__PROBLEM STATEMENT__. Please copy out all lines of the entries that contain the word "unfolding".
*** RECORDS FOR THIS EXERCISE ***
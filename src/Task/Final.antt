-- ===== src/Task/Final.antt =====
-- Whatever a task's methods come to, a promise that is satisfied stays as it is.
use protei_cov.Prelude.{ℕ, refl, arith}
use protei_cov.Effects.Grows.{Grows}
use protei_cov.World.{set_exception}
use protei_cov.World.Final.{Final, final_order, same_promises-Final}
use protei_cov.Task.Defs.{Readings, Distribution, set_call_id, set_thread_id, do_task}

pub set_call_id-Final : (t id : ℕ) → Grows Final (set_call_id t id)
unfolding set_call_id
set_call_id-Final t id = record { at = λ w. same_promises-Final refl }

pub set_thread_id-Final : (t id : ℕ) → Grows Final (set_thread_id t id)
unfolding set_thread_id
set_thread_id-Final t id = record { at = λ w. same_promises-Final refl }

pub do_task-Final : (d : Distribution) (t : ℕ) (env : Readings) → Grows Final (do_task d t env)
unfolding do_task set_exception
do_task-Final d t env = record { at = λ w. record { keeps = λ p set. ground arith } }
***
__WRITTEN SOLUTION__.
unfolding set_call_id
unfolding set_thread_id
unfolding do_task set_exception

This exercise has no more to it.